If you don't like Petri Nets, there are other models that might be of interest, in the field of WSTSs (Well-Structured Transition Systems).
Those look like interesting models, I’ll have to take a look into them, thanks.
However, the systems which are being modelled by Bendy Bus typically only have a couple of states, and reaching any of those states is statistically quite likely. For example, a simple model of a Telepathy connection manager would just have the states ‘disconnected’, ‘connecting’ and ‘connected’. In my experience so far, a lot of the code coverage comes as a result of fuzzing data in D-Bus method replies, and making random transitions inside a given state.
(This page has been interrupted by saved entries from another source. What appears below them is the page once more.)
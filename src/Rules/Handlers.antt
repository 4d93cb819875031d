-- ===== src/Rules/Handlers.antt =====
-- backend/internal/api/mock_rule.go: the HTTP handlers of the mock rules. Their routes name no
-- project, and the handlers give the service the empty text as one.
pub mod Laws
use sentinel_api_platform.Prelude.{ℕ, String, Bool, ◌==◌, List, if◌then◌else◌}
use sentinel_api_platform.Errs.Mapper.{fail}
use sentinel_api_platform.Effects.{Call}
use sentinel_api_platform.Model.{MockRule, Columns}
use sentinel_api_platform.Http.{Request, failed, Handler, Binder, answer, with_body}
use sentinel_api_platform.Rules.Service.{CreateRuleSpec, RuleStore}
use sentinel_api_platform.Rules.Service
use sentinel_api_platform.Apis.Service.{RoleChecker}

-- The interface `mockRuleService`: the caller, the project, then the API or the rule.
pub record MockRuleService (S : Type 0) : Type 0 where
  pub create_rule : String → String → String → CreateRuleSpec → Call S MockRule
  pub get_rule : String → Call S MockRule
  pub update_rule : String → String → String → Columns → Call S MockRule
  pub delete_rule : String → String → String → Call S (Unit {0})
  pub list_rules : String → Call S (List MockRule)
  pub record_hit : String → Call S (Unit {0})
  pub list_hits : String → Call S ℕ

-- The aliases that make `MockRuleService` of the service package one.
abbrev pub rule_service :
    {S : Type 0}
    → RuleStore S
    → RoleChecker S
    → (S → String × S)
    → (String → Bool)
    → MockRuleService S
rule_service rules role_for new_id valid = record {
  create_rule = Service.create rules role_for new_id valid;
  get_rule = Service.find_by_id rules role_for new_id valid;
  update_rule = Service.update rules role_for new_id valid;
  delete_rule = Service.delete rules role_for new_id valid;
  list_rules = Service.list_by_api rules role_for new_id valid;
  record_hit = Service.increment_hit_count rules role_for new_id valid;
  list_hits = Service.get_hit_count rules role_for new_id valid;
}

-- `driver` gives the texts of the MySQL driver's errors. The two request types of a rule, the
-- handler's and the service's, have the same fields and are one here.
module _ {S : Type 0} (svc : MockRuleService S) (driver : ℕ → String) where
  unfoldable pub create_rule : Binder CreateRuleSpec → Request → Handler S MockRule
  create_rule bind r s =
      if r.query "api_id" == ""
      then (failed (fail 400 40000 "api_id is required"), s)
      else with_body driver bind r
          (λ spec. answer driver (svc.create_rule r.user_id "" (r.query "api_id") spec)) s

  unfoldable pub get_rule : Request → Handler S MockRule
  get_rule r = answer driver (svc.get_rule (r.param "rid"))

  unfoldable pub update_rule : Binder Columns → Request → Handler S MockRule
  update_rule bind r =
      with_body driver bind r
        (λ fields. answer driver (svc.update_rule r.user_id "" (r.param "rid") fields))

  unfoldable pub delete_rule : Request → Handler S (Unit {0})
  delete_rule r = answer driver (svc.delete_rule r.user_id "" (r.param "rid"))

  unfoldable pub list_rules : Request → Handler S (List MockRule)
  list_rules r = answer driver (svc.list_rules (r.param "apiId"))

  unfoldable pub record_hit : Request → Handler S (Unit {0})
  record_hit r = answer driver (svc.record_hit (r.param "rid"))

  unfoldable pub list_hits : Request → Handler S ℕ
  list_hits r = answer driver (svc.list_hits (r.param "rid"))
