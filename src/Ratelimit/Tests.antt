-- ===== src/Ratelimit/Tests.antt =====
-- Calls of the limiter of apps/authd/ratelimit.c on concrete addresses.
use mldsa_auth.Base.{List, [], arith, drop, refl, replicate, take, ℕ, ◌∷◌, ◌≡◌, ◌≤◌}
use mldsa_auth.Base.Bytes.{blit, bytes_eq, zeros}
use mldsa_auth.ProxyV2.{AuthdAddr, authd_addr_key}
use mldsa_auth.Ratelimit.{
  Ratelimit, RatelimitEntry, allow, find_idx, find_or_add, find_rounds, hash_value, ratelimit_init,
  reclaimable, refill, refill_addr, refill_global, room_rounds, same_key,
}
use mldsa_auth.Ratelimit.Calls.{Admits}
use mldsa_auth.Ratelimit.Gate.{admit_entry, ratelimit_admit, ratelimit_conns}
use mldsa_auth.Ratelimit.Limiter.{IsLimiter, ratelimit_init-IsLimiter}
use mldsa_auth.Ratelimit.Refill.{refill_settles}
use mldsa_auth.Ratelimit.Runs.{
  LimiterCall, admit-Admits, admits, limiter_count, limiter_counts, limiter_run,
}

-- A hash that is documented to be a function of its key and its input.
abbrev first_bytes : List ℕ → List ℕ → List ℕ
first_bytes key input = input

abbrev ten_0_0_1 : AuthdAddr
ten_0_0_1 = record { family = 4; addr = 10 ∷ 0 ∷ 0 ∷ 1 ∷ [] }

abbrev fresh_limiter : Ratelimit
fresh_limiter = ratelimit_init (zeros 16) 5 10 50 2 1000

abbrev three_calls : List LimiterCall
three_calls = admits ten_0_0_1 1000 ∷ admits ten_0_0_1 1001 ∷ admits ten_0_0_1 1002 ∷ []

allows : (ratelimit_admit first_bytes fresh_limiter ten_0_0_1 1000).0 ≡ allow
unfolding ratelimit_admit find_or_add find_idx find_rounds room_rounds admit_entry refill_addr
    refill_global refill reclaimable authd_addr_key take drop replicate blit hash_value same_key
    bytes_eq ratelimit_init
allows = refl

fresh-IsLimiter : IsLimiter first_bytes fresh_limiter
fresh-IsLimiter = ratelimit_init-IsLimiter first_bytes (zeros 16) 5 10 50 2 1000

admit-Admits_example :
    Admits first_bytes fresh_limiter
      (authd_addr_key ten_0_0_1)
      (ratelimit_admit first_bytes fresh_limiter ten_0_0_1 1000)
admit-Admits_example = admit-Admits first_bytes fresh_limiter ten_0_0_1 1000 fresh-IsLimiter

limiter_counts_example :
    (ratelimit_conns first_bytes (limiter_run first_bytes fresh_limiter three_calls) ten_0_0_1
      ≡ limiter_count first_bytes fresh_limiter three_calls (authd_addr_key ten_0_0_1) 0)
    × (ratelimit_conns first_bytes (limiter_run first_bytes fresh_limiter three_calls) ten_0_0_1
        ≤ 2)
limiter_counts_example = limiter_counts first_bytes (zeros 16) 5 10 50 2 1000 three_calls ten_0_0_1

abbrev one_entry : RatelimitEntry
one_entry = record { key = zeros 16; key_len = 4; tokens_milli = 0; last_ms = 0; conns = 0 }

refill_settles_example :
    (refill_addr fresh_limiter (refill_addr fresh_limiter one_entry 17) 17
      ≡ refill_addr fresh_limiter one_entry 17)
    × (refill_global (refill_global fresh_limiter 17) 17 ≡ refill_global fresh_limiter 17)
unfolding ratelimit_init
refill_settles_example =
    refill_settles fresh_limiter one_entry 12 17 refl (omega arith) (omega arith) (omega arith)

-- At a rate of 7 a minute, that does not divide 60, a second refill at the same time credits once more.
refill_credits_twice : (refill 0 0 17 7 60 10000 ≡ (1, 8)) × (refill 1 8 17 7 60 10000 ≡ (2, 16))
unfolding refill
refill_credits_twice = (refl, refl)
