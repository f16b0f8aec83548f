-- ===== src/Session/Numbers.antt =====
-- The big-endian numbers of src/protocol/session.c are read back as they were written.
use mldsa_auth.Base.{List, arith, length, refl, take-append, ℕ, ◌++◌, ◌<◌, ◌^◌, ◌≡◌}
use mldsa_auth.Session.{load_be16, load_be64, load_be64_loop, store_be16, store_be64}

pub length-store_be64 : (v : ℕ) → length (store_be64 v) ≡ 8
unfolding store_be64
length-store_be64 v = refl

load_loop_lem : (v : ℕ) → v < 2 ^ 64 → load_be64_loop (store_be64 v) 0 ≡ v
unfolding store_be64 load_be64_loop
load_loop_lem v h = omega arith

pub load_be64-store_be64 :
    (v : ℕ) (rest : List ℕ) → v < 2 ^ 64 → load_be64 (store_be64 v ++ rest) ≡ v
unfolding load_be64
load_be64-store_be64 v rest h =
    rw (take-append 8 (store_be64 v) rest (length-store_be64 v)) (load_loop_lem v h)

pub load_be16-store_be16 :
    (v : ℕ) (rest : List ℕ) → v < 2 ^ 16 → load_be16 (store_be16 v ++ rest) ≡ v
unfolding load_be16 store_be16
load_be16-store_be16 v rest h = omega arith

pub length-store_be16 : (v : ℕ) → length (store_be16 v) ≡ 2
unfolding store_be16
length-store_be16 v = refl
For example, the Telepathy machine I’ve been testing with will easily reach the ‘connected’ state, then randomly make transitions from ‘connected’ to ‘connected’, adding a contact to the contact list each time. Fuzzing the data on the contact (its alias, avatar, status, etc.) is what gets the code coverage — for Telepathy, at least.
It would be reassuring to be able to guarantee that all states in the simulation will be reached, but I suspect that most D-Bus services will have very few states.
(I omitted from the blog post that Bendy Bus has built-in support for marking any data structure, such as would be returned in a D-Bus method reply, as fuzzable. Whenever that data structure (string, integer, array of structs, a{sv}, etc.) is evaluated, it’ll be fuzzed. This is achieved by using the ‘?’ postfix operator on the data structure in the machine description file. The value of the data structure in the machine description will be used as a default value, which may get through fuzzing unmodified, may be emptied/deleted, or may be mutated. Fairly standard fuzzing stuff, really.)
I see. But I still suspect it would be more useful to have a guarantee of full coverage, were this tool to scale for more complex applications in the future. You could probably translate from one representation to the other automatically, and then look for coverability / reachability. Also because with complex data structures, the number of states in a PN would be likely to increase greatly, so specifying it by hand is not ideal.
Agreed. I guess it would also be good to statically check the reachability of every state in the machine before running it, and warn the user if some states were definitely not reachable. (I suspect that even for the restricted language I’ve allowed in machine descriptions, however, that reachability is undecidable.)